(Stored data)

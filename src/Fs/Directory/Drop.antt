-- ===== src/Fs/Directory/Drop.antt =====
-- The copying walk of `mtl_remove_entry_from_directory` against the map.
use metal_fs.Base.{ℕ, ◌+◌, ◌<◌, ◌≡◌, Option, none, some, List, [], ◌∷◌, arith, length}
use metal_fs.Fs.Types.{no_entry, DirEntry}
use metal_fs.Fs.State.{ok, err}
use metal_fs.Fs.Directory.{head_size, entry_size, drop_entry}
use metal_fs.Fs.Directory.Listing.{
  eq_bytes_iff, has_name-eq_bytes, entries_size, lookup, Distinct, without, without-none,
  entries_size-without,
}

module _ (size limit : ℕ) (name : List ℕ) where
  -- Behind the entry that was skipped, the rest is copied.
  drop_entry-rest :
      (at out : ℕ) (id : Option ℕ) (es : List DirEntry)
      → lookup es name ≡ none
      → at + entries_size es ≡ limit
      → out + entries_size es ≡ size
      → drop_entry size limit name at out id es ≡ ok (es, id)
  unfolding drop_entry lookup entries_size
  drop_entry-rest at out id [] h a o = ground arith
  drop_entry-rest at out id (e ∷ es) h a o = ground (
    arith,
    has_name-eq_bytes name e,
    drop_entry-rest (at + entry_size e) (out + entry_size e) id es,
  )

  -- The entry that is there is skipped, and its number kept.
  pub drop_entry-some :
      (at : ℕ) (id : ℕ) (es : List DirEntry)
      → Distinct es
      → lookup es name ≡ some id
      → at + entries_size es ≡ limit
      → size + (head_size + length name) ≡ limit
      → drop_entry size limit name at at none es ≡ ok (without name es, some id)
  unfolding drop_entry lookup entries_size without
  drop_entry-some at id [] d h a s = ground arith
  drop_entry-some at id (e ∷ es) d h a s = ground (
    arith,
    has_name-eq_bytes name e,
    eq_bytes_iff name e.name,
    drop_entry-some (at + entry_size e) id es d.1,
    drop_entry-rest (at + entry_size e) at (some e.inode_id) es,
    without-none es name,
    entries_size-without es name id d.1,
  )

  -- An entry that is not there is noticed before too much is copied.
  pub drop_entry-none :
      (at : ℕ) (es : List DirEntry)
      → lookup es name ≡ none
      → 0 < entries_size es
      → at + entries_size es ≡ limit
      → size < limit
      → drop_entry size limit name at at none es ≡ err no_entry
  unfolding drop_entry lookup entries_size
  drop_entry-none at [] h pos a s = ground arith
  drop_entry-none at (e ∷ []) h pos a s = ground (arith, has_name-eq_bytes name e)
  drop_entry-none at (e ∷ f ∷ es) h pos a s =
      ground (arith, has_name-eq_bytes name e, drop_entry-none (at + entry_size e) (f ∷ es))
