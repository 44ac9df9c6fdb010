-- ===== src/Fs/Directory/Entries.antt =====
-- The directory operations refine a finite map from names to inode numbers.
use native.Mathlib.Decide.{ℕ_discrete}
use metal_fs.Base.{
  ℕ, ◌+◌, ◌^◌, ◌≤◌, ◌<◌, ◌≡◌, refl, ◌⊎◌, inl, inr, true, false, Option, none, some, List, [], ◌∷◌,
  ◌++◌, arith, ltb, if◌then◌else◌, length,
}
use metal_fs.Fs.Types.{add64, sub64, no_entry, exists, directory, Inode, DirEntry, entries}
use metal_fs.Fs.State.{Databases, Txn, Result, ok, err, fault}
use metal_fs.Fs.Inode.{load_inode, put_inode}
use metal_fs.Fs.Directory.{
  head_size, find_entry, load_entries, put_entries, resolve_inode_in_directory,
  append_inode_id_to_directory, remove_entry_from_directory,
}
use metal_fs.Fs.Directory.Listing.{
  eq_bytes, entries_size, lookup, Distinct, without, entries_size-append, lookup-append,
  Distinct-append, lookup-without, Distinct-without, entries_size-without, find_entry-lookup,
}
use metal_fs.Fs.Directory.Drop.{drop_entry-some, drop_entry-none}

module _ (L : Databases) where
  -- Inode `dir` of the transaction is a directory with these entries.
  pub record Holds (t : Txn L) (dir : ℕ) (es : List DirEntry) : Type 0 where
    pub inode : Inode
    pub stored : L.inodes.get t.inodes dir ≡ some (record { inode = inode; content = entries es })
    pub kind : inode.type ≡ directory
    pub size : inode.length ≡ entries_size es
    pub distinct : Distinct es

  load_entries-Holds :
      {t : Txn L} {dir : ℕ} {es : List DirEntry} (h : Holds t dir es)
      → load_entries L t dir ≡ ok (h.inode, es)
  unfolding load_entries load_inode
  load_entries-Holds h = rw (h.stored, load_inode, h.kind)

  abbrev put_entries-Holds :
      {t : Txn L} {dir : ℕ} {es : List DirEntry} (h : Holds t dir es) (len : ℕ) (fs : List DirEntry)
      → len ≡ entries_size fs
      → Distinct fs
      → Holds (put_entries L t dir h.inode len fs) dir fs
  unfolding put_entries put_inode
  put_entries-Holds {t} {dir} h len fs size distinct = record {
    inode = record (h.inode) { length = len };
    stored = L.inodes.get-put_self t.inodes dir _;
    kind = h.kind;
    size = size;
    distinct = distinct;
  }

  -- The number under a name, or the error for a name that is not there.
  abbrev pub or_no_entry : Option ℕ → Result ℕ
  or_no_entry none = err no_entry
  or_no_entry (some id) = ok id

  -- No other inode changes.
  abbrev pub OthersSame : ℕ → Txn L → Txn L → Type 0
  OthersSame dir t t' = (k : ℕ) → (dir ≡ k) ⊎ (L.inodes.get t'.inodes k ≡ L.inodes.get t.inodes k)

  -- Of the inode of directory `dir` no more than the length changes, and besides it and its
  -- entries nothing does.
  abbrev pub OnlyEntries : ℕ → Inode → Txn L → Inode → Txn L → Type 0
  OnlyEntries dir inode t inode' t' =
      (inode' ≡ record inode { length = inode'.length })
      × (t'.extents ≡ t.extents)
      × (t'.heap ≡ t.heap)
      × (t'.next_inode ≡ t.next_inode)
      × OthersSame dir t t'

  put_entries-OnlyEntries :
      (t : Txn L) (dir : ℕ) (inode : Inode) (len : ℕ) (es : List DirEntry)
      → OnlyEntries dir inode t (record inode { length = len }) (put_entries L t dir inode len es)
  unfolding put_entries put_inode
  put_entries-OnlyEntries t dir inode len es = (
    refl,
    refl,
    refl,
    refl,
    λ k. elim (ℕ_discrete dir k) [
      | yes e ↦ inl e
      | no ne ↦ inr (L.inodes.get-put_ne t.inodes dir k _ ne)
    ],
  )

  module _ (t : Txn L) (dir : ℕ) (es : List DirEntry) (name : List ℕ) (h : Holds t dir es) where
    find : find_entry h.inode.length name 0 es ≡ ok (lookup es name)
    find = find_entry-lookup name 0 h.inode.length es (omega (arith, h.size))

    -- In a well-formed directory `mtl_resolve_inode_in_directory` returns the number under the
    -- name, and MTL_ERROR_NOENTRY exactly where the map has none.
    pub resolve_inode-lookup :
        resolve_inode_in_directory L t dir name ≡ or_no_entry (lookup es name)
    unfolding resolve_inode_in_directory
    resolve_inode-lookup = rw (load_entries-Holds h, find)

    -- In a well-formed directory, appending a name that is there fails with MTL_ERROR_EXISTS.
    pub append_inode-exists :
        (id old : ℕ)
        → lookup es name ≡ some old
        → append_inode_id_to_directory L t dir name id ≡ err exists
    unfolding append_inode_id_to_directory
    append_inode-exists id old there = rw (load_entries-Holds h, find, there)

    -- In a well-formed directory with less than 2 ^ 63 bytes of entries, appending a name of at
    -- most 255 bytes that is not there succeeds, keeps the directory well formed, adds the name
    -- with its number, and leaves the other names, the other attributes of the directory, the other
    -- inodes, the extents, the heap and the next inode number alone.
    pub append_inode-lookup :
        (id : ℕ)
        → lookup es name ≡ none
        → length name < 256
        → entries_size es < 2 ^ 63
        → (t' : Txn L) × (fs : List DirEntry) × (append_inode_id_to_directory L t dir name id
            ≡ ok t')
          × (h' : Holds t' dir fs) × ((j : List ℕ)
              → lookup fs j ≡ (if eq_bytes name j then some id else lookup es j))
          × OnlyEntries dir h.inode t h'.inode t'
    unfolding append_inode_id_to_directory entries_size
    append_inode-lookup id new short small =
        let e : DirEntry = record { inode_id = id; name = name } in
        let len = add64 (add64 h.inode.length head_size) (length name) in
        let fits : ltb (length name) 256 ≡ true = ground arith in
        (
          put_entries L t dir h.inode len (es ++ e ∷ []),
          es ++ e ∷ [],
          rw (load_entries-Holds h, find, new, fits),
          put_entries-Holds h len (es ++ e ∷ [])
              (omega (arith, h.size, entries_size-append es (e ∷ [])))
              (Distinct-append es e h.distinct new),
          λ j. lookup-append es e j new,
          put_entries-OnlyEntries t dir h.inode len (es ++ e ∷ []),
        )

    -- In a well-formed directory with less than 2 ^ 63 bytes of entries, removing a name that is
    -- there succeeds, returns its number, keeps the directory well formed, takes the name out and
    -- makes the data shorter, and leaves the other names, the other attributes of the directory, the
    -- other inodes, the extents, the heap and the next inode number alone.
    pub remove_entry-lookup :
        (id : ℕ)
        → lookup es name ≡ some id
        → entries_size es < 2 ^ 63
        → (t' : Txn L) × (fs : List DirEntry) × (remove_entry_from_directory L t dir name
            ≡ ok (t', some id))
          × (h' : Holds t' dir fs) × ((j : List ℕ)
              → lookup fs j ≡ (if eq_bytes name j then none else lookup es j))
          × (entries_size fs < entries_size es)
          × OnlyEntries dir h.inode t h'.inode t'
    unfolding remove_entry_from_directory
    remove_entry-lookup id there small =
        let shrunk = entries_size-without es name id h.distinct there in
        let size = sub64 h.inode.length (head_size + length name) in
        let fits : ltb h.inode.length (head_size + length name) ≡ false =
          ground (arith, h.size, shrunk) in
        let walk =
          drop_entry-some size h.inode.length name 0 id es h.distinct there (omega (arith, h.size))
            (omega (arith, h.size, shrunk)) in
        (
          put_entries L t dir h.inode size (without name es),
          without name es,
          rw (load_entries-Holds h, fits, walk),
          put_entries-Holds h size (without name es) (omega (arith, h.size, shrunk))
              (Distinct-without es name h.distinct),
          λ j. lookup-without es name j,
          omega (arith, shrunk),
          put_entries-OnlyEntries t dir h.inode size (without name es),
        )

    -- In a well-formed directory with less than 2 ^ 63 bytes of entries, removing a name that is
    -- not there fails with MTL_ERROR_NOENTRY, where the data is at least as long as an entry for
    -- the name would be.
    pub remove_entry-missing :
        lookup es name ≡ none
        → head_size + length name ≤ entries_size es
        → entries_size es < 2 ^ 63
        → remove_entry_from_directory L t dir name ≡ err no_entry
    unfolding remove_entry_from_directory
    remove_entry-missing missing long small =
        let size = sub64 h.inode.length (head_size + length name) in
        let fits : ltb h.inode.length (head_size + length name) ≡ false = ground (arith, h.size) in
        let walk =
          drop_entry-none size h.inode.length name 0 es missing (omega arith)
            (omega (arith, h.size)) (omega (arith, h.size)) in
        rw (load_entries-Holds h, fits, walk)

    -- In a well-formed directory whose data is shorter than an entry for the name would be,
    -- removing the name wraps the length of the array for the new data around.
    pub remove_entry-wraps :
        entries_size es < head_size + length name → remove_entry_from_directory L t dir name ≡ fault
    unfolding remove_entry_from_directory
    remove_entry-wraps short =
        let wraps : ltb h.inode.length (head_size + length name) ≡ true = ground (arith, h.size) in
        rw (load_entries-Holds h, wraps)
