-- ===== src/Fs/Directory/Others.antt =====
-- Searching the directories does not read the inode of a file.
use metal_fs.Base.{ℕ, ◌≡◌, sym, subst, ◌≢◌, inl, inr, List, arith, Bool-cases}
use metal_fs.Fs.Types.{FileExtent, Inode, DirEntry}
use metal_fs.Fs.State.{Databases, Txn, ok, >>=-GoesOn}
use metal_fs.Fs.Inode.{load_inode}
use metal_fs.Fs.Directory.{is_directory, load_entries, resolve_inode_in_directory}
use metal_fs.Fs.Directory.Entries.{OthersSame}
use metal_fs.Fs.FileData.Write.{IsFile}

module _ (L : Databases) (t t' : Txn L) (id : ℕ) (inode : Inode) (xs : List FileExtent)
    (f : IsFile L t id inode xs) (others : OthersSame L id t t') where
  load_file_entries : (r : Inode × List DirEntry) → load_entries L t id ≢ ok r
  unfolding load_entries load_inode
  load_file_entries r h = elim (Bool-cases (is_directory inode.type)) [
    | inl e ↦ ground (arith, f.stored, e)
    | inr e ↦ ground (arith, f.stored, e)
  ]

  load_inode_same :
      (dir : ℕ)
      → L.inodes.get t'.inodes dir ≡ L.inodes.get t.inodes dir
      → load_inode L t' dir ≡ load_inode L t dir
  unfolding load_inode
  load_inode_same dir e = rw (e, load_inode)

  -- What a search finds, it finds again after the inode of a file was changed.
  pub search_same :
      (dir : ℕ) (name : List ℕ) (k : ℕ)
      → resolve_inode_in_directory L t dir name ≡ ok k
      → resolve_inode_in_directory L t' dir name ≡ ok k
  unfolding resolve_inode_in_directory
  search_same dir name k h = elim (others dir) [
    | inl e ↦
        let (r, l, more) = >>=-GoesOn (load_entries L t dir) _ h in
        absurd (load_file_entries r (subst (λ d. load_entries L t d ≡ ok r) (sym e) l))
    | inr e ↦ rw (load_inode_same dir e, resolve_inode_in_directory, load_entries) h
  ]
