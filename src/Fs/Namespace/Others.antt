-- ===== src/Fs/Namespace/Others.antt =====
-- Resolving a path does not read the inode of a file.
use metal_fs.Base.{
  ℕ, zero, suc, ◌≡◌, ap, ◌∙◌, inl, inr, List, arith, if◌then◌else◌, Bool-cases, length,
}
use metal_fs.Fs.Types.{FileExtent, Inode}
use metal_fs.Fs.State.{Databases, Txn, Result, ok, ◌>>=◌, >>=-GoesOn}
use metal_fs.Fs.Path.{basename, dirname}
use metal_fs.Fs.Directory.{resolve_inode_in_directory}
use metal_fs.Fs.Directory.Entries.{OthersSame}
use metal_fs.Fs.Directory.Others.{search_same}
use metal_fs.Fs.FileData.Write.{IsFile}
use metal_fs.Fs.Namespace.{is_root, resolve_calls, resolve_inode}

module _ (L : Databases) (t t' : Txn L) (id : ℕ) (inode : Inode) (xs : List FileExtent)
    (f : IsFile L t id inode xs) (others : OthersSame L id t t') where
  -- The last step of a call.
  step_same :
      (dir : ℕ) (path : List ℕ) (k : ℕ)
      → (if is_root (basename path)
          then ok 0
          else resolve_inode_in_directory L t dir (basename path))
        ≡ ok k
      → (if is_root (basename path)
          then ok 0
          else resolve_inode_in_directory L t' dir (basename path))
        ≡ ok k
  step_same dir path k h = elim (Bool-cases (is_root (basename path))) [
    | inl e ↦ ground (arith, e)
    | inr e ↦ rw e (search_same L t t' id inode xs f others dir (basename path) k (rw e at h))
  ]

  above_same :
      (path : List ℕ) (a a' : Result ℕ)
      → ((k : ℕ) → a ≡ ok k → a' ≡ ok k)
      → (k : ℕ) → (if is_root path then ok 0 else a) ≡ ok k
      → (if is_root path then ok 0 else a') ≡ ok k
  above_same path a a' same k h = elim (Bool-cases (is_root path)) [
    | inl e ↦ ground (arith, e)
    | inr e ↦ rw e (same k (rw e at h))
  ]

  resolve_calls_same :
      (n : ℕ) (path : List ℕ) (k : ℕ)
      → resolve_calls L n t path ≡ ok k
      → resolve_calls L n t' path ≡ ok k
  unfolding resolve_calls
  resolve_calls_same zero path k h = cc
  resolve_calls_same (suc n) path k h =
      let (dir, above, last) =
        >>=-GoesOn (if is_root (dirname path) then ok 0 else resolve_calls L n t (dirname path)) _
          h in
      ap
        (λ r. r >>= λ d.
          if is_root (basename path)
          then ok 0
          else resolve_inode_in_directory L t' d (basename path))
        (above_same (dirname path) (resolve_calls L n t (dirname path))
          (resolve_calls L n t' (dirname path)) (resolve_calls_same n (dirname path)) dir above)
      ∙ step_same dir path k last

  -- A path that is resolved leads to the same inode after the inode of a file was changed.
  pub resolve_inode_same :
      (path : List ℕ) (k : ℕ) → resolve_inode L t path ≡ ok k → resolve_inode L t' path ≡ ok k
  unfolding resolve_inode
  resolve_inode_same path k h = resolve_calls_same (suc (length path)) path k h
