-- ===== src/Fs/Tiling.antt =====
-- What it means that extents cover a storage of `blocks` blocks, each block once, and what the
-- changes of extent.c do to it. A layout says which extent starts at a block.
use metal_fs.Base.{
  ℕ, ◌+◌, ◌≤◌, ◌<◌, ◌≡◌, ◌≢◌, ◌⊎◌, inl, inr, true, Option, none, some, arith, ◌==◌, if◌then◌else◌,
  Option-cases, is_some,
}
use metal_fs.Fs.Types.{Extent}

abbrev pub Layout : Type 0
Layout = ℕ → Option Extent

unfoldable pub update : Layout → ℕ → Option Extent → Layout
update g k x j = if k == j then x else g j

pub update_self : (g : Layout) (k : ℕ) (x : Option Extent) → update g k x k ≡ x
unfolding update
update_self g k x = ground arith

pub update_ne : (g : Layout) (k j : ℕ) (x : Option Extent) → k ≢ j → update g k x j ≡ g j
unfolding update
update_ne g k j x ne = ground arith

pub record IsTiling (blocks : ℕ) (g : Layout) : Type 0 where
  pub start : is_some (g 0) ≡ true
  pub inside : (o : ℕ) (e : Extent) → g o ≡ some e → (0 < e.length) × (o + e.length ≤ blocks)
  pub follow :
      (o : ℕ) (e : Extent)
      → g o ≡ some e
      → (o + e.length ≡ blocks) ⊎ (is_some (g (o + e.length)) ≡ true)
  pub apart :
      (o : ℕ) (e : Extent) (p : ℕ) (f : Extent)
      → g o ≡ some e
      → g p ≡ some f
      → o < p
      → o + e.length ≤ p

module _ {blocks : ℕ} {g : Layout} (t : IsTiling blocks g) (o : ℕ) (e : Extent)
    (at : g o ≡ some e) where
  -- An extent may change all but its length.
  pub relabel : (e' : Extent) → e'.length ≡ e.length → IsTiling blocks (update g o (some e'))
  unfolding update
  relabel e' same = record {
    start = ground (arith, t.start);
    inside = λ p f h. ground (arith, t.inside p f, t.inside o e);
    follow = λ p f h. ground (arith, t.follow p f, t.follow o e);
    apart = λ p f q f' h k lt. ground (arith, t.apart p f q f', t.apart o e q f', t.apart p f o e);
  }

  -- An extent may fall into two.
  pub split :
      (e' r : Extent)
      → 0 < e'.length
      → 0 < r.length
      → e'.length + r.length ≡ e.length
      → IsTiling blocks (update (update g (o + e'.length) (some r)) o (some e'))
  unfolding update
  split e' r pos pos' sum = record {
    start = ground (arith, t.start);
    inside = λ p f h. ground (arith, t.inside p f, t.inside o e);
    follow = λ p f h. ground (arith, t.follow p f, t.follow o e);
    apart = λ p f q f' h k lt.
        ground (arith, t.apart p f q f', t.apart o e q f', t.apart p f o e, t.apart o e p f);
  }

  -- An extent may take in the one behind it.
  pub join :
      (n e' : Extent)
      → g (o + e.length) ≡ some n
      → e'.length ≡ e.length + n.length
      → IsTiling blocks (update (update g (o + e.length) none) o (some e'))
  unfolding update
  join n e' behind sum = record {
    start = ground (arith, t.start, t.inside o e);
    inside = λ p f h. ground (arith, t.inside p f, t.inside o e, t.inside (o + e.length) n);
    follow = λ p f h. ground (
      arith,
      t.follow p f,
      t.follow (o + e.length) n,
      t.inside o e,
      t.inside (o + e.length) n,
      t.apart p f o e,
      t.apart o e p f,
      t.inside p f,
    );
    apart = λ p f q f' h k lt. ground (
      arith,
      t.apart p f q f',
      t.apart (o + e.length) n q f',
      t.apart p f o e,
      t.apart o e p f,
      t.apart o e q f',
      t.inside o e,
    );
  }

  -- Taking in an extent that does not start at the end leaves no tiling.
  pub join_apart :
      (p : ℕ) (n e' : Extent)
      → g p ≡ some n
      → p ≢ o
      → p ≢ o + e.length
      → e'.length ≡ e.length + n.length
      → ¬ IsTiling blocks (update (update g p none) o (some e'))
  unfolding update
  join_apart p n e' there ne far sum u = elim (Option-cases (g (o + e.length))) [
    | inl gap ↦ ground (arith, t.follow o e, t.inside o e, t.inside p n, u.inside o e')
    | inr (m, next) ↦ ground (arith, t.inside o e, t.inside p n, u.apart o e' (o + e.length) m)
  ]

  -- Moving two extents onto a third one behind them leaves no tiling.
  pub pile_up :
      (p r : ℕ) (n m m' : Extent)
      → g p ≡ some n
      → g r ≡ some m
      → o < r
      → p < r
      → m'.length ≡ e.length + n.length + m.length
      → ¬ IsTiling blocks (update (update (update g p none) o none) r (some m'))
  unfolding update
  pile_up p r n m m' there third lt lt' sum u = elim (Option-cases (g (r + m.length))) [
    | inl gap ↦ ground (arith, t.follow r m, t.inside o e, t.inside p n, u.inside r m')
    | inr (x, next) ↦ ground (arith, t.inside o e, t.inside r m, u.apart r m' (r + m.length) x)
  ]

» What is required
Starting at the first line of the records above, please copy each line exactly until you reach the line containing "(at out : ℕ)". Include that line and stop there.

» Problem solution
filename src/Fs/Directory/Drop.antt
-- ===== src/Fs/Directory/Drop.antt =====
-- The copying walk of `mtl_remove_entry_from_directory` against the map.
use metal_fs.Base.{ℕ, ◌+◌, ◌<◌, ◌≡◌, Option, none, some, List, [], ◌∷◌, arith, length}
use metal_fs.Fs.Types.{no_entry, DirEntry}
use metal_fs.Fs.State.{ok, err}
use metal_fs.Fs.Directory.{head_size, entry_size, drop_entry}
use metal_fs.Fs.Directory.Listing.{
  eq_bytes_iff, has_name-eq_bytes, entries_size, lookup, Distinct, without, without-none,
  entries_size-without,
}

module _ (size limit : ℕ) (name : List ℕ) where
  -- Behind the entry that was skipped, the rest is copied.
  drop_entry-rest :
      (at out : ℕ) (id : Option ℕ) (es : List DirEntry)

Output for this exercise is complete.